Jenna closed her eyes, fighting hard to maintain her control. She didn’t want this man to see her fall to pieces. She stayed like that for a silent count of ten, until Thorne said something that made her open her eyes.

“Your daughter is lovely, Jenna. She obviously gets that from you.” He reached inside his jacket, withdrew an envelope and stood there fingering it, staring down at her with a predatory light in his gaze. “Would you like to see a picture of her?”

A sob stuck in the back of her throat. She raised a hand and covered her mouth, afraid of what would come out. A sudden hot prick of tears flooded her eyes.

“Here,” he said softly, and removed a photograph from the envelope. He held it out between two fingers, and, for the first time in twenty-five years, Jenna broke down and cried.
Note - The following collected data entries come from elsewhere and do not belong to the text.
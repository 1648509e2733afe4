-- ===== src/Pipeline/Sessions.antt =====
-- What can happen to the projector and to what it has stored: ticks, pruning, the pass at the end, and
-- a new start, also in the middle of anything.
use canebot_projector_repo.Base.{ℕ, ◌≡◌, refl, sym, subst, String, ◌&&◌, Bool-cases, inl, inr}
use canebot_projector_repo.Tracker.Invariant.Runs.{new_tracker-IsValid}
use canebot_projector_repo.Writer.Tables.{Replica}
use canebot_projector_repo.Writer.Marks.{guard}
use canebot_projector_repo.Writer.Gaps.{record_gap}
use canebot_projector_repo.Writer.Pruning.{prune}
use canebot_projector_repo.Writer.Consistency.{IsConsistent}
use canebot_projector_repo.Writer.Upkeep.{mark-other, prune-IsConsistent}
use canebot_projector_repo.Pipeline.Reader.{Source}
use canebot_projector_repo.Pipeline.Collect.{Env}
use canebot_projector_repo.Pipeline.Store.{last_alive}
use canebot_projector_repo.Pipeline.Tick.{Projector, tick, final_flush}
use canebot_projector_repo.Pipeline.Startup.{Settings, was_away, start}
use canebot_projector_repo.Pipeline.Sound.{IsSound}
use canebot_projector_repo.Pipeline.Ticks.{tick-IsSound, final_flush-IsSound}

-- One move. The source is what it is at that time; a new start keeps the replica and the store only.
pub data Move (env : Env) (severity : String → String) (p u : Projector) : Type 0 where
  ticks : (src : Source) (now : ℕ) → u ≡ (tick env src now p).0 → Move env severity p u
  prunes : (cutoff : ℕ) → u ≡ record p { rep = (prune cutoff p.rep).0 } → Move env severity p u
  ends : (now : ℕ) → u ≡ (final_flush env now p).0 → Move env severity p u
  restarts :
      (s : Settings) (now : ℕ)
      → s.severity ≡ severity
      → u ≡ start s now p.rep p.st
      → Move env severity p u

pub data Reach (env : Env) (severity : String → String) (p : Projector) : Projector → Type 0 where
  here : Reach env severity p p
  next : {t u : Projector} → Reach env severity p t → Move env severity t u → Reach env severity p u

record_gap-IsConsistent :
    (r : Replica) (started_ms ended_ms : ℕ) (reason build branch : String)
    → IsConsistent r
    → IsConsistent (record_gap r started_ms ended_ms reason build branch)
unfolding record_gap
record_gap-IsConsistent r started_ms ended_ms reason build branch h = record {
  orders = h.orders;
  faults = h.faults;
  stamped = rw (mark-other "gaps" r.marks (guard r.marks "gaps" ended_ms) refl) h.stamped;
  spans_refer = h.spans_refer;
  dwells_refer = h.dwells_refer;
  faults_refer = h.faults_refer;
  toggles_refer = h.toggles_refer;
  doors_refer = h.doors_refer;
  configs_refer = h.configs_refer;
  pulses_refer = h.pulses_refer;
  runs_refer = h.runs_refer;
  keys = h.keys;
}

start-IsSound :
    (s : Settings) (now : ℕ) (p : Projector)
    → IsConsistent p.rep
    → IsSound s.severity (start s now p.rep p.st)
unfolding start
start-IsSound s now p h = record {
  trk = new_tracker-IsValid s.severity s.has_step_runs (s.has_step_runs && s.has_fault_cols);
  rep = elim (Bool-cases (was_away s (last_alive p.st) now)) [
    | inl e ↦ rw e (record_gap-IsConsistent p.rep _ now _ _ _ h)
    | inr e ↦ rw e h
  ];
}

Move-IsSound :
    (env : Env) (severity : String → String) (p u : Projector)
    → Move env severity p u
    → IsSound severity p
    → IsSound severity u
Move-IsSound env severity p u (ticks src now e) h =
    subst (IsSound severity) (sym e) (tick-IsSound severity env src now p h).0
Move-IsSound env severity p u (prunes cutoff e) h =
    subst (IsSound severity) (sym e)
      (record { trk = h.trk; rep = prune-IsConsistent cutoff p.rep h.rep })
Move-IsSound env severity p u (ends now e) h =
    subst (IsSound severity) (sym e) (final_flush-IsSound severity env now p h).1
Move-IsSound env severity p u (restarts s now same e) h =
    subst (IsSound severity) (sym e)
      (subst (λ f. IsSound f (start s now p.rep p.st)) same (start-IsSound s now p h.rep))

-- From a sound state, any ticks with any sources, failed ones included, any pruning, passes at the end
-- and restarts at any point lead to sound states only: the tracker is valid and the replica consistent.
pub Reach-IsSound :
    {env : Env} {severity : String → String} {p u : Projector}
    → IsSound severity p
    → Reach env severity p u
    → IsSound severity u
Reach-IsSound h here = h
Reach-IsSound {env} {severity} {p} {u} h (next r m) =
    Move-IsSound env severity _ u m (Reach-IsSound h r)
The camera had caught the image of a young woman running. Her arms and legs were bent in a way that suggested she was moving fast, and at the exact moment of the shot, neither of her feet was touching the ground. Her hair—long, braided—streamed out behind her in a blurred streak of gold. Her face was turned toward the camera, suggesting she’d been just about to look over her shoulder, and Thorne was right: She was lovely. Lovely and fierce, because Jenna knew deep in her guts that this picture had been snapped when she was being chased, but there wasn’t a trace of fear in her eyes. If anything, she looked almost exhilarated.

Her baby. A grown woman now.

All those years, lost.

“It was taken by surveillance cameras so the quality is a little poor, but there are others.” He removed another photo from the envelope. This one was posed, official-looking, featuring a slightly younger looking version of the girl in the first photo staring directly into the camera.

“This is from her work identification badge. That’s how we discovered her; she didn’t seem to be able to keep her . . . powers until control.” His voice grew as gentle as his eyes. “Tell me where the Ikati are hiding, Jenna, and I promise you I will return your daughters to you. Unharmed.”